--- START ---

module _ (lib : BitCrates) (frame_to_virtual : PhysicalFrame size_4kib → Run ℕ)
    (maps : IsMapping frame_to_virtual) {A : Type 0} (fa : FrameAllocator A)
    (IsFree : A → ℕ → Type 0) (IsReady : ℕ → A → Type 0) (supply : IsAllocator fa IsFree IsReady)
    (plenty : HasFrames lib frame_to_virtual maps fa IsFree IsReady) (root : ℕ) (v total : ℕ)
    (span : IsSpan v total) (loader : KernelLoader) (header : Header) where
  -- Bytes change only in frames that were free.
  abbrev pub Untouched : A → Bytes → Bytes → Type 0
  Untouched a b b' = (x : ℕ) → ¬ IsFree a (x / 4096 * 4096) → b' x ≡ b x

  abbrev pub machine : Memory → Bytes → A → Machine A
  machine m b a = record { tables = m; bytes = b; allocator = a }

  abbrev pub see : Page size_4kib → Memory → Run (Translation size_4kib)
  see = translate lib frame_to_virtual maps fa IsFree IsReady supply plenty root v total span

  abbrev pub IsOk : Memory → A → Owners → Type 0
  IsOk = Sound lib frame_to_virtual maps fa IsFree IsReady supply plenty root v total span

  abbrev pub Fewer : A → A → Type 0
  Fewer = IsLess lib frame_to_virtual maps fa IsFree IsReady supply plenty root v total span

  abbrev pub nth_page : ℕ → Page size_4kib
  nth_page = page_of lib frame_to_virtual maps fa IsFree IsReady supply plenty root v total span

  abbrev pub Same : ℕ → ℕ → Memory → Memory → Type 0
  Same = SameBeside lib frame_to_virtual maps fa IsFree IsReady supply plenty root v total span

  abbrev pub NoPages : ℕ → ℕ → Memory → Type 0
  NoPages = Absent lib frame_to_virtual maps fa IsFree IsReady supply plenty root v total span

  pub far :
      (i j : ℕ)
      → i < total
      → j < total
      → i ≢ j
      → (nth_page i).address % 2 ^ 48 ≢ (nth_page j).address % 2 ^ 48
  far = pages_apart lib frame_to_virtual maps fa IsFree IsReady supply plenty root v total span

  pub page_start : (j : ℕ) → (nth_page j).address % 4096 ≡ 0
  page_start =
      page_aligned lib frame_to_virtual maps fa IsFree IsReady supply plenty root v total span

  abbrev pub flags : ℕ
  flags = segment_flags header

  -- A page has a frame that is not free, with given bytes and the flags of the segment, to which
  -- `COPIED` may be added.
  abbrev pub Holds : ℕ → (ℕ → ℕ) → Memory → Bytes → A → Type 0
  Holds j value m b a =
      (f : PhysicalFrame size_4kib) × (fl : ℕ) × (see (nth_page j) m ≡ ok (translated f fl))
      × IsFrame f
      × (¬ IsFree a f.address)
      × ((o : ℕ) → o < 4096 → b (f.address + o) ≡ value o)
      × ((fl ≡ flags) ⊎ (fl ≡ bit_or flags copied))

  -- It still holds them when other pages are mapped and free frames written.
  pub Holds-kept :
      (j : ℕ) (value : ℕ → ℕ) (m m' : Memory) (b b' : Bytes) (a a' : A)
      → see (nth_page j) m' ≡ see (nth_page j) m
      → Fewer a a'
      → Untouched a b b'
      → Holds j value m b a
      → Holds j value m' b' a'
  Holds-kept j value m m' b b' a a' same less kept (f, fl, e, is, taken, values, which) = (
    f,
    fl,
    same ∙ e,
    is,
    (λ free. taken (less f.address free)),
    λ o h. kept (f.address + o) (rw (frame_of f.address o is.0 h) taken) ∙ values o h,
    which,
  )

  abbrev pub Zeroed : ℕ → ℕ → Memory → Bytes → A → Type 0
  Zeroed i j m b a = (n : ℕ) → i ≤ n → n < j → Holds n (λ o. 0) m b a

  abbrev pub needed : ℕ → ℕ → ℕ
  needed zero k = k
  needed (suc n) k = suc (3 + needed n k)

  pub map_zeros_lem :
      (n i k : ℕ) (m : Memory) (b : Bytes) (a : A) (own : Owners)
      → i + n ≤ total
      → IsOk m a own
      → IsReady (needed n k) a
      → NoPages i (i + n) m
      → (m' : Memory) × (b' : Bytes) × (a' : A) × (own' : Owners) × (map_zeros lib frame_to_virtual
            fa root loader flags
            (frames_from size_4kib (v + i * 4096) n)
            (machine m b a)
          ≡ ok (machine m' b' a'))
        × IsOk m' a' own'
        × IsReady k a'
        × Fewer a a'
        × Untouched a b b'
        × Zeroed i (i + n) m' b' a'
        × Same i (i + n) m m'
  unfolding map_zeros
  map_zeros_lem zero i k m b a own inside sound ready absent = (
    m,
    b,
    a,
    own,
    refl,
    sound,
    ready,
    (λ x free. free),
    (λ x h. refl),
    (λ j from to. absurd (omega arith)),
    λ q aligned beside. refl,
  )
  map_zeros_lem (suc n) i k m b a own inside sound ready absent =
      let (f, a1, got, ready1, is, free, taken, less) =
        allocate lib frame_to_virtual maps fa IsFree IsReady supply plenty (3 + needed n k) a
          ready in
      let sound1 =
        Sound-Shrinks lib frame_to_virtual maps fa IsFree IsReady supply plenty root m a a1 own
          sound less in
      let b1 : Bytes = write_zeros b f.address 4096 in
      let (m2, a2, own2, e2, sound2, ready2, less2, here, same2) =
        map_page lib frame_to_virtual maps fa IsFree IsReady supply plenty root (needed n k)
          (nth_page i) f flags m a1 own sound1 ready1 (page_start i)
          (absent i (omega arith) (omega arith)) in
      let next : v + i * 4096 + 4096 ≡ v + (i + 1) * 4096 = omega arith in
      let (m', b', a', own', e', sound', ready', less', kept', zeroed, same') =
        map_zeros_lem n (i + 1) k m2 b1 a2 own2 (omega arith) sound2 ready2 (λ j from to.
          same2 (nth_page j) (page_start j) (far j i (omega arith) (omega arith) (omega arith))
          ∙ absent j (omega arith) (omega arith)) in
      let found =
        here
        ∙ reading-IsFlags lib frame_to_virtual f flags is (segment_flags-IsFlags lib header).0 in
      let now : Holds i (λ o. 0) m2 b1 a2 = (
        f,
        flags,
        found,
        is,
        (λ fr. taken (less2 f.address fr)),
        λ o h. zeros_inside b f.address 4096 (f.address + o) (omega arith) (omega arith),
        inl refl,
      ) in
      let whole : f.address + 0 ≡ f.address = omega arith in
      (
        m',
        b',
        a',
        own',
        rw (got, e2, next) e',
        sound',
        ready',
        (λ x fr. less x (less2 x (less' x fr))),
        (λ x h.
            kept' x (λ fr. h (less _ (less2 _ fr)))
            ∙ (let out = zeros_outside b f.address 0 4096 x is.0 refl (λ e. h (rw e free)) in
                rw whole at out)),
        (λ j from to. elim (ℕ_discrete j i) [
          | yes e ↦ rw e (
              Holds-kept i (λ o. 0) m2 m' b1 b' a2 a'
                (same' (nth_page i) (page_start i)
                  (λ o from' to'. far i o (omega arith) (omega arith) (omega arith)))
                less' kept' now)
          | no ne ↦ zeroed j (omega arith) (omega arith)
        ]),
        λ q aligned beside.
            same' q aligned (λ j from to. beside j (omega arith) (omega arith))
            ∙ same2 q aligned (beside i (omega arith) (omega arith)),
      )

  make_mutable_lem :
      (j k : ℕ) (m : Memory) (b : Bytes) (a : A) (own : Owners) (f : PhysicalFrame size_4kib)
      → IsOk m a own
      → IsReady (4 + k) a
      → see (nth_page j) m ≡ ok (translated f flags)
      → (g : PhysicalFrame size_4kib) × (m' : Memory) × (a' : A) × (own' : Owners) × (make_mutable
            lib frame_to_virtual fa root loader
            (nth_page j)
            (machine m b a)
          ≡ ok (g, machine m' (copy b f.address g.address 4096) a'))
        × IsOk m' a' own'
        × IsReady k a'
        × Fewer a a'
        × (see (nth_page j) m' ≡ ok (translated g (bit_or flags copied)))
        × IsFrame g
        × IsFree a g.address
        × (¬ IsFree a' g.address)
        × ((q : Page size_4kib)
            → q.address % 4096 ≡ 0
            → q.address % 2 ^ 48 ≢ (nth_page j).address % 2 ^ 48
            → see q m' ≡ see q m)
  unfolding make_mutable
  make_mutable_lem j k m b a own f sound ready there =
      let (fl, fl', not_copied) = segment_flags-IsFlags lib header in
      let more : 4 + k ≡ suc (3 + k) = omega arith in
      let (g, a1, got, ready1, is, free, taken, less) =
        allocate lib frame_to_virtual maps fa IsFree IsReady supply plenty (3 + k) a
          (rw more at ready) in
      let (m1, e1, (tree1, gone, same1)) =
        unmap_4kib-translate lib frame_to_virtual root m own (nth_page j) f flags sound.0
          (page_start j) there in
      let sound1 =
        Sound-Shrinks lib frame_to_virtual maps fa IsFree IsReady supply plenty root m1 a a1 own
          (tree1, sound.1) less in
      let (m2, a2, own2, e2, sound2, ready2, less2, here, same2) =
        map_page lib frame_to_virtual maps fa IsFree IsReady supply plenty root k (nth_page j) g
          (bit_or flags copied) m1 a1 own sound1 ready1 (page_start j) gone in
      (
        g,
        m2,
        a2,
        own2,
        rw (there, not_copied, got, e1, e2) refl,
        sound2,
        ready2,
        (λ x fr. less x (less2 x fr)),
        here ∙ reading-IsFlags lib frame_to_virtual g (bit_or flags copied) is fl',
        is,
        free,
        (λ fr. taken (less2 g.address fr)),
        λ q aligned apart. same2 q aligned apart ∙ same1 q aligned apart,
      )

  -- The bytes of the last page of the file: `e` bytes from `v` on are the file's.
  abbrev pub last_bytes : ℕ → ℕ → ℕ → Bytes → ℕ → ℕ
  last_bytes j e p b o = if ltb (j * 4096 + o) e then b (p + o) else 0

  tail_bytes :
      (j e p g : ℕ) (b : Bytes) (o : ℕ)
      → j * 4096 < e
      → e ≢ (j + 1) * 4096
      → e ≤ (j + 1) * 4096
      → o < 4096
      → write_zeros (copy b p g 4096) (g + (e - j * 4096)) (4096 - (e - j * 4096)) (g + o)
        ≡ last_bytes j e p b o
  tail_bytes j e p g b o before part file h = elim (Bool-cases (ltb (j * 4096 + o) e)) [
    | inl inside ↦
        let lt : j * 4096 + o < e = ltb→lt _ _ inside in
        rw inside (
          zeros_before (copy b p g 4096) (g + (e - j * 4096)) (4096 - (e - j * 4096)) (g + o)
            (omega arith)
          ∙ copy_inside b p g o h)
    | inr behind ↦
        let ge : e ≤ j * 4096 + o = ground arith in
        rw behind (
          zeros_inside (copy b p g 4096) (g + (e - j * 4096)) (4096 - (e - j * 4096)) (g + o)
            (omega arith) (omega arith))
  ]

  pub fewer_four : (k : ℕ) (a : A) → IsReady (4 + k) a → IsReady k a
  fewer_four k a ready =
      let four : 4 + k ≡ suc (suc (suc (suc k))) = omega arith in
      supply.fewer k a (
        supply.fewer (suc k) a
          (supply.fewer (suc (suc k)) a (supply.fewer (suc (suc (suc k))) a (rw four at ready))))

  pub zero_rest_lem :
      (j e k p virtual_start : ℕ) (m : Memory) (b : Bytes) (a : A) (own : Owners)
      → j < total
      → j * 4096 < e
      → e ≤ (j + 1) * 4096
      → virtual_start + header.file_size ≡ v + e
      → IsOk m a own
      → IsReady (4 + k) a
      → see (nth_page j) m ≡ ok (translated (at_page p) flags)
      → IsFrame (at_page p)
      → ¬ IsFree a p
      → (m' : Memory) × (b' : Bytes) × (a' : A) × (own' : Owners) × (zero_rest lib frame_to_virtual
            fa root loader header virtual_start
            (v + e)
            (machine m b a)
          ≡ ok (machine m' b' a'))
        × IsOk m' a' own'
        × IsReady k a'
        × Fewer a a'
        × Untouched a b b'
        × Holds j (last_bytes j e p b) m' b' a'
        × ((q : Page size_4kib)
            → q.address % 4096 ≡ 0
            → q.address % 2 ^ 48 ≢ (nth_page j).address % 2 ^ 48
            → see q m' ≡ see q m)
  unfolding zero_rest
  zero_rest_lem j e k p virtual_start m b a own small before file after sound ready there is taken =
      let mask : bit_and (v + e) (4096 - 1) ≡ (v + e) % 4096 = bit_and_mask 12 (v + e) in
      let after_all : e ≤ (j + 1) * 4096 = file in
      elim (ℕ_discrete e ((j + 1) * 4096)) [
        | yes full ↦
            let none_left : (v + e) % 4096 ≡ 0 = omega (arith, span.page, full) in
            (
              m,
              b,
              a,
              own,
              rw (mask, none_left) refl,
              sound,
              fewer_four k a ready,
              (λ x fr. fr),
              (λ x h. refl),
              (
                at_page p,
                flags,
                there,
                is,
                taken,
                λ o h. rw (lt→ltb (j * 4096 + o) e (omega (arith, full))) refl,
                inl refl,
              ),
              λ q aligned apart. refl,
            )
        | no part ↦
            let d : ℕ = e - j * 4096 in
            let left : (v + e) % 4096 ≡ d = omega (arith, span.page, part) in
            let some_left : (d == 0) ≡ false = ne→== d 0 (omega arith) in
            let (g, m1, a1, own1, e1, sound1, ready1, less1, now, frame, free, taken', same1) =
              make_mutable_lem j k m b a own (at_page p) sound ready there in
            let b1 : Bytes = copy b p g.address 4096 in
            (
              m1,
              write_zeros b1 (g.address + d) (4096 - d),
              a1,
              own1,
              rw
                  (
                    mask,
                    left,
                    some_left,
                    after,
                    lt→ltb (v + e) u64_mod (omega (arith, span.small)),
                    le→leb 1 (v + e) (omega arith),
                    containing_address_lem size_4kib (v + e - 1) (omega (arith, span.small)),
                    (let at : (v + e - 1) / 4096 * 4096 ≡ v + j * 4096 =
                          omega (arith, span.page, part) in
                        at),
                    e1,
                  )
                  refl,
              sound1,
              ready1,
              less1,
              (λ x h.
                  zeros_outside b1 g.address d (4096 - d) x frame.0 (omega arith)
                    (λ e. h (rw e free))
                  ∙ copy_outside b p g.address x frame.0 (λ e. h (rw e free))),
              (
                g,
                bit_or flags copied,
                now,
                frame,
                taken',
                λ o h. tail_bytes j e p g.address b o before part after_all h,
                inr refl,
              ),
              same1,
            )
      ]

--- END ---

Exercise instructions —
Please reproduce, exactly as they appear above, the lines from the line containing "unmap_4kib-translate lib frame_to_virtual" up to and including the line containing "(tree1, sound.1) less in".

Expected answer —
        unmap_4kib-translate lib frame_to_virtual root m own (nth_page j) f flags sound.0
          (page_start j) there in
      let sound1 =
        Sound-Shrinks lib frame_to_virtual maps fa IsFree IsReady supply plenty root m1 a a1 own
          (tree1, sound.1) less in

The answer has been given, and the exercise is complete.